Yup! It went down to $25.99 and bought one 3 liter bottles of pure olive oil today.


----------



## SoaperForLife (Oct 27, 2018)

Relle said:


> That's a good price for you, add on $60 here to join  petrol to get there at $1.61 a litre - $20, 1 1/2 hrs return driving trip, not so cheap, that's if they sell at that price here which I doubt, add 30% for the oz dollar difference, it just goes on and on.
> Is there some way to find out the price to save driving there ?


There's a website here in the states and they will actually deliver if you spend $75 or more.  Perhaps check to see if there's a website there? www.costco.com


----------



## shunt2011 (Oct 27, 2018)

I finally went and was happy to see ours dropped too.  I bought some as I like to cook with it too.  It was more expensive when I checked online though last week.


----------



## soapmaker (Oct 27, 2018)

Anyone in Canada check Costco?

Edited to say all I've ever seen is 2 L


----------



## bathgeek (Oct 27, 2018)

Omg thank you I was on my last bottle!


----------



## Relle (Oct 27, 2018)

SoaperForLife said:


> There's a website here in the states and they will actually deliver if you spend $75 or more.  Perhaps check to see if there's a website there? www.costco.com



Thanks, they have a website, but not for delivery and there is no search engine to check prices.
https://www.costco.com.au/


----------



## redhead1226 (Oct 27, 2018)

Relle said:


> That's a good price for you, add on $60 here to join  petrol to get there at $1.61 a litre - $20, 1 1/2 hrs return driving trip, not so cheap, that's if they sell at that price here which I doubt, add 30% for the oz dollar difference, it just goes on and on.
> Is there some way to find out the price to save driving there ?
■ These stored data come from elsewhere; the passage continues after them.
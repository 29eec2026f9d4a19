-- ===== src/Secrets.antt =====
-- internal/secrets: which host may resolve which secrets for an execution.
pub mod Scope
use mathlib.Core.List.{◌++◌ as append}
use lecrev.Prelude.{
  ℕ, String, Bool, true, false, not, ◌&&◌, none, some, List, [], ◌∷◌, contains, str_eq,
  if◌then◌else◌,
}
use Prim.Native.String.{◌++◌, len, slice}
use text.Mathlib.Text.{starts_with}
use lecrev.Prelude.Text.{quote, trim_space}
use lecrev.Maps.{Assoc, get, put}
use lecrev.Errors.{
  Error, Result, ok, err, Exec, pure, raise, ◌>>=◌, access_denied, is_access_denied, is_not_found,
  other,
}
use lecrev.Domain.{FunctionVersion}
use lecrev.Store.Backend.{Backend}

pub record ExecutionRequest : Type 0 where
  pub host_id : String
  pub region : String
  pub function_version_id : String
  pub secret_refs : List String

-- func normalizeSecretRefs, whose `seen` holds what `out` holds.
unfoldable pub normalize_loop : List String → List String → List String
normalize_loop [] out = out
normalize_loop (ref ∷ refs) out =
    let trimmed = trim_space ref in
    let skip = normalize_loop refs out in
    let keep = normalize_loop refs (append out (trimmed ∷ [])) in
    if str_eq trimmed "" then skip else if contains out trimmed then skip else keep

unfoldable pub normalize_secret_refs : List String → List String
unfolding normalize_loop
normalize_secret_refs refs = normalize_loop refs []

-- Every reference is one of the version's.
unfoldable pub all_granted : List String → List String → Bool
all_granted granted [] = true
all_granted granted (ref ∷ refs) = contains granted ref && all_granted granted refs

-- (*MemoryProvider).Resolve.
unfoldable pub memory_resolve : Assoc String → List String → Assoc String → Result (Assoc String)
memory_resolve items [] out = ok out
memory_resolve items (ref ∷ refs) out = elim (get items ref) [
  | none ↦ err (other ("secret ref " ++ (quote ref ++ " not found")))
  | some value ↦ memory_resolve items refs (put out ref value)
]

module _ {S : Type 0} (db : Backend S) (resolve : List String → Exec S (Assoc String)) where
  -- The answer for a version that was found, for a host that was, and for the references.
  abbrev pub granted : ExecutionRequest → FunctionVersion → List String → Exec S (Assoc String)
  granted req version refs =
      if not (contains version.regions req.region)
      then raise access_denied
      else if not (all_granted version.env_refs refs)
      then raise access_denied
      else resolve refs

  abbrev pub checked : ExecutionRequest → List String → Exec S (Assoc String)
  checked req refs = do
    version ← db.get_function_version req.function_version_id
    granted req version refs

  abbrev pub resolve_refs : ExecutionRequest → List String → Exec S (Assoc String)
  resolve_refs req [] = pure []
  resolve_refs req (ref ∷ refs) = do
    host ← db.get_host req.host_id
    if not (str_eq host.region req.region) then raise access_denied else checked req (ref ∷ refs)

  -- (*ScopedResolver).ResolveExecution; `resolve` is the provider.
  unfoldable pub resolve_execution : ExecutionRequest → Exec S (Assoc String)
  unfolding normalize_secret_refs all_granted
  resolve_execution req =
      if str_eq (trim_space req.host_id) ""
      then raise (other "hostId is required")
      else if str_eq (trim_space req.region) ""
      then raise (other "region is required")
      else if str_eq (trim_space req.function_version_id) ""
      then raise (other "functionVersionId is required")
      else resolve_refs req (normalize_secret_refs req.secret_refs)

-- authorizedProxyToken.
unfoldable pub authorized_proxy_token : String → String → Bool
authorized_proxy_token header expected =
    let token = trim_space expected in
    if str_eq token ""
    then false
    else if not (starts_with header "Bearer ")
    then false
    else str_eq (trim_space (slice header 7 (len header))) token

-- The status code of (*ProxyHandler).ServeHTTP for an error of the resolver.
unfoldable pub error_status : Error → ℕ
error_status e = if is_access_denied e then 403 else if is_not_found e then 404 else 400
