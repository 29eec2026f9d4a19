-- ===== src/Secrets/Scope.antt =====
-- Secrets are resolved only for the host's own region, for a version that runs there, and among
-- the version's own references.
use lecrev.Prelude.{
  String, ◌≡◌, true, List, ◌∷◌, contains, arith, str_eq, eq_iff, not, if◌then◌else◌,
}
use lecrev.Maps.{Assoc}
use lecrev.Errors.{ok, Exec, bind_ok, raise, access_denied}
use lecrev.Domain.{Host, FunctionVersion}
use lecrev.Store.Backend.{Backend}
use lecrev.Secrets.{
  ExecutionRequest, normalize_secret_refs, all_granted, resolve_execution, resolve_refs, checked,
  granted,
}

-- Where the request names secrets and the resolver answers, the host it names is registered in the
-- region it names, the function version may run there, every secret is one of the version's, and
-- the answer is the provider's for those secrets.
pub resolve_execution-scoped :
    {S : Type 0} (db : Backend S) (resolve : List String → Exec S (Assoc String))
    (req : ExecutionRequest) (s : S) (ref : String) (refs : List String) {values : Assoc String}
    {s' : S}
    → normalize_secret_refs req.secret_refs ≡ ref ∷ refs
    → resolve_execution db resolve req s ≡ (ok values, s')
    → let host_answer = db.get_host req.host_id s in
      let version_answer = db.get_function_version req.function_version_id host_answer.1 in
      (host : Host) × (version : FunctionVersion) × (host_answer.0 ≡ ok host)
      × (host.region ≡ req.region)
      × (version_answer.0 ≡ ok version)
      × (contains version.regions req.region ≡ true)
      × (all_granted version.env_refs (ref ∷ refs) ≡ true)
      × (resolve (ref ∷ refs) version_answer.1 ≡ (ok values, s'))
unfolding resolve_execution
resolve_execution-scoped {S} db resolve req s ref refs {values} {s'} n e =
    let e0 : resolve_refs db resolve req (ref ∷ refs) s ≡ (ok values, s') = ground (arith, n) in
    let (host, h, e1) =
      bind_ok (db.get_host req.host_id)
        (λ host.
          if not (str_eq host.region req.region)
          then raise access_denied
          else checked db resolve req (ref ∷ refs))
        s e0 in
    let e2 : checked db resolve req (ref ∷ refs) (db.get_host req.host_id s).1 ≡ (ok values, s') =
      ground (arith, e1) in
    let (version, v, e3) =
      bind_ok (db.get_function_version req.function_version_id)
        (λ version. granted db resolve req version (ref ∷ refs)) _ e2 in
    (
      host,
      version,
      h,
      ground (arith, e1, eq_iff host.region req.region),
      v,
      ground (arith, e3),
      ground (arith, e3),
      ground (arith, e3),
    )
I would assume that all Costco stores have the same price. However , who knows. You can call and ask. I have done that for other items as they can check in their computer.  I have always had a Costco membership so it is just another item Im getting there. I go too often! But it is the best price here and no shipping and now at this price its the best price anywhere at 0.12 cents an ounce.


----------



## Relle (Oct 27, 2018)

redhead1226 said:


> I would assume that all Costco stores have the same price. However , who knows. You can call and ask. I have done that for other items as they can check in their computer.  I have always had a Costco membership so it is just another item Im getting there. I go too often! But it is the best price here and no shipping and now at this price its the best price anywhere at 0.12 cents an ounce.


I'm in Australia and the aussie dollar is running 30 % behind the US dollar, so I'm assuming the price here will be higher. I might give them a call, although I don't like the idea of having to pay a shop to shop in their shop.


----------



## soapmaker (Oct 28, 2018)

Relle said:


> I'm in Australia and the aussie dollar is running 30 % behind the US dollar, so I'm assuming the price here will be higher. I might give them a call, although I don't like the idea of having to pay a shop to shop in their shop.


Same as in Canada.


----------



## Lin19687 (Oct 28, 2018)

Their return policy alone is worth the price to shop there.  most things have a good price and I get the best price for TP and paper towels there ( not using coupons elsewhere, I can't be bothered with that crap).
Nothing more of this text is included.